The input
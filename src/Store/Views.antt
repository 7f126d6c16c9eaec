-- ===== src/Store/Views.antt =====
-- What the table `meta` says of a domain: its generation and the heights that it covers.
use dashboard_quip_network.Prelude.{
  ℕ, ◌≤◌, ◌<◌, ◌≡◌, refl, Bool, true, false, ◌&&◌, ◌||◌, Option, none, some, ◌==◌, if◌then◌else◌,
  arith, Result, ok, err, ok_or, Bool-cases, inl, inr, ◌∙◌, ap, >>=-eq-ok, sym,
}
use dashboard_quip_network.Prelude.Words.{u64_max}
use dashboard_quip_network.Decimal.{Text}
use dashboard_quip_network.Errors.{StoreError, json}
use dashboard_quip_network.Coverage
use dashboard_quip_network.Coverage.{Coverage, contains, cover, check_persisted}
use dashboard_quip_network.Coverage.Valid.{
  IsValid, empty-IsValid, cover-IsValid, check_persisted-ok_iff, check_persisted-IsValid,
  IsValid-FitsU64,
}
use dashboard_quip_network.Coverage.Points.{covers, cover-points, cover-false, within}
use dashboard_quip_network.Store.{
  Indexable, same_domain, MetaKey, generation_key, coverage_key, key_code, Meta, Json,
}
use dashboard_quip_network.Store.Meta.{set_meta, generation, decoded, coverage, save_coverage}

key_ne : (i j : Indexable) → (key_code (coverage_key i) == key_code (generation_key j)) ≡ false
key_ne i j = ground arith

key_same :
    (i j : Indexable) → (key_code (coverage_key i) == key_code (coverage_key j)) ≡ same_domain i j
key_same i j = ground arith

pub same_domain-eq : (i j : Indexable) → same_domain i j ≡ true → i ≡ j
same_domain-eq i j e = ground arith

-- Below the seventh key nothing is a coverage.
pub save-other :
    (codec : Json) (i : Indexable) (c : Coverage) (meta : Meta) (k : MetaKey)
    → key_code k < 7
    → save_coverage codec i c meta k ≡ meta k
unfolding save_coverage set_meta
save-other codec i c meta k h = ground arith

module _ (codec : Json) where
  open codec use {coverage_text, coverage_of, coverage_law, coverage_fits}

  decoded-IsValid :
      (gen start : ℕ) (o : Option Text) (c : Coverage)
      → decoded codec gen start o ≡ ok c
      → IsValid gen c
  unfolding decoded
  decoded-IsValid gen start none c e =
      let same : c ≡ Coverage.empty gen start = cc in rw same (empty-IsValid gen start)
  decoded-IsValid gen start (some raw) c e =
      let (d, p, q) = >>=-eq-ok (ok_or (coverage_of raw) (json "coverage")) _ e in
      let found : coverage_of raw ≡ some d = ground arith in
      let (same, v) = check_persisted-IsValid gen d c (coverage_fits raw d found) q in rw same v

  decoded-text :
      (gen start : ℕ) (c : Coverage)
      → IsValid gen c
      → decoded codec gen start (some (coverage_text c)) ≡ ok c
  unfolding decoded
  decoded-text gen start c v =
      rw (coverage_law c (IsValid-FitsU64 gen c v))
        ((check_persisted-ok_iff gen c (IsValid-FitsU64 gen c v)).1 v)

  module _ (meta : Meta) where
    pub generation-save :
        (i j : Indexable) (c : Coverage)
        → generation (save_coverage codec i c meta) j ≡ generation meta j
    unfolding generation save_coverage set_meta
    generation-save i j c = rw (key_ne i j)

    pub coverage-IsValid :
        (i : Indexable) (start : ℕ) (c : Coverage)
        → coverage codec meta i start ≡ ok c
        → IsValid (generation meta i) c
    unfolding coverage
    coverage-IsValid i start c e =
        decoded-IsValid (generation meta i) start (meta (coverage_key i)) c e

    pub coverage-save :
        (i j : Indexable) (start : ℕ) (c : Coverage)
        → IsValid (generation meta i) c
        → coverage codec (save_coverage codec i c meta) j start
          ≡ (if same_domain i j then ok c else coverage codec meta j start)
    unfolding coverage
    coverage-save i j start c v = rw (generation-save i j c) (
        unfold save_coverage set_meta in
        elim (Bool-cases (same_domain i j)) [
          | inl e ↦
              rw (key_same i j, e, ← same_domain-eq i j e)
                (decoded-text (generation meta i) start c v)
          | inr e ↦ rw (key_same i j, e)
        ])

-- The height is covered by what a read of the coverage returned.
abbrev pub result_covers : Result StoreError Coverage → ℕ → Bool
result_covers (ok c) m = covers c m
result_covers (err e) m = false

-- The store says of the domain that the height is indexed in its current generation.
unfoldable pub covered_at : Json → Meta → Indexable → ℕ → Bool
covered_at codec meta i m = result_covers (coverage codec meta i 0) m

pub empty-covers : (gen start m : ℕ) → covers (Coverage.empty gen start) m ≡ false
unfolding contains Coverage.empty
empty-covers gen start m = ground arith

module _ (codec : Json) (meta : Meta) where
  decoded-start :
      (gen a b m : ℕ) (o : Option Text)
      → result_covers (decoded codec gen a o) m ≡ result_covers (decoded codec gen b o) m
  unfolding decoded
  decoded-start gen a b m none = empty-covers gen a m ∙ sym (empty-covers gen b m)
  decoded-start gen a b m (some raw) = refl

  pub covered_at-coverage :
      (i : Indexable) (start m : ℕ) (c : Coverage)
      → coverage codec meta i start ≡ ok c
      → covered_at codec meta i m ≡ covers c m
  unfolding covered_at coverage
  covered_at-coverage i start m c e =
      decoded-start (generation meta i) 0 start m (meta (coverage_key i))
      ∙ ap (λ r. result_covers r m) e

  pub covered_at-save :
      (i j : Indexable) (m : ℕ) (c : Coverage)
      → IsValid (generation meta i) c
      → covered_at codec (save_coverage codec i c meta) j m
        ≡ (if same_domain i j then covers c m else covered_at codec meta j m)
  unfolding covered_at
  covered_at-save i j m c v =
      rw (coverage-save codec meta i j 0 c v)
        (elim (Bool-cases (same_domain i j)) [ inl e ↦ rw e | inr e ↦ rw e ])

-- `meta` after one call of `cover`.
abbrev pub after_cover : Json → Indexable → Bool → Coverage → Meta → Meta
after_cover codec i changed c meta = if changed then save_coverage codec i c meta else meta

module _ (codec : Json) (now : Text) (a b : ℕ) (small : b ≤ u64_max) where
  -- Saving what `cover` returned covers the interval in its domain, and nothing else.
  pub covered_at-cover :
      (meta : Meta) (i j : Indexable) (start m : ℕ) (c c' : Coverage) (changed : Bool)
      → coverage codec meta i start ≡ ok c
      → cover now c a b ≡ ok (changed, c')
      → covered_at codec (after_cover codec i changed c' meta) j m
        ≡ (covered_at codec meta j m || (same_domain i j && within a b m))
  covered_at-cover meta i j start m c c' true p q =
      let v = coverage-IsValid codec meta i start c p in
      let v' = cover-IsValid now (generation meta i) a b c c' true small v q in
      elim (Bool-cases (same_domain i j)) [
        | inl e ↦
            rw (covered_at-save codec meta i j m c' v', e, ← same_domain-eq i j e)
              (ground (
                arith,
                covered_at-coverage codec meta i start m c p,
                cover-points now (generation meta i) a b m c c' true small v q,
              ))
        | inr e ↦ rw (covered_at-save codec meta i j m c' v', e) (ground arith)
      ]
  covered_at-cover meta i j start m c c' false p q =
      let v = coverage-IsValid codec meta i start c p in
      let point = cover-points now (generation meta i) a b m c c' false small v q in
      let same = ap (λ (d : Coverage). covers d m) (cover-false now c c' a b q) in
      elim (Bool-cases (same_domain i j)) [
        | inl e ↦
            rw (e, ← same_domain-eq i j e)
              (ground (arith, covered_at-coverage codec meta i start m c p, point, same))
        | inr e ↦ rw e (ground arith)
      ]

Work to be completed
Which lines of the data hold the string "where"? Return each of them.

Written solution
module _ (codec : Json) where
  module _ (meta : Meta) where
module _ (codec : Json) (meta : Meta) where
module _ (codec : Json) (now : Text) (a b : ℕ) (small : b ≤ u64_max) where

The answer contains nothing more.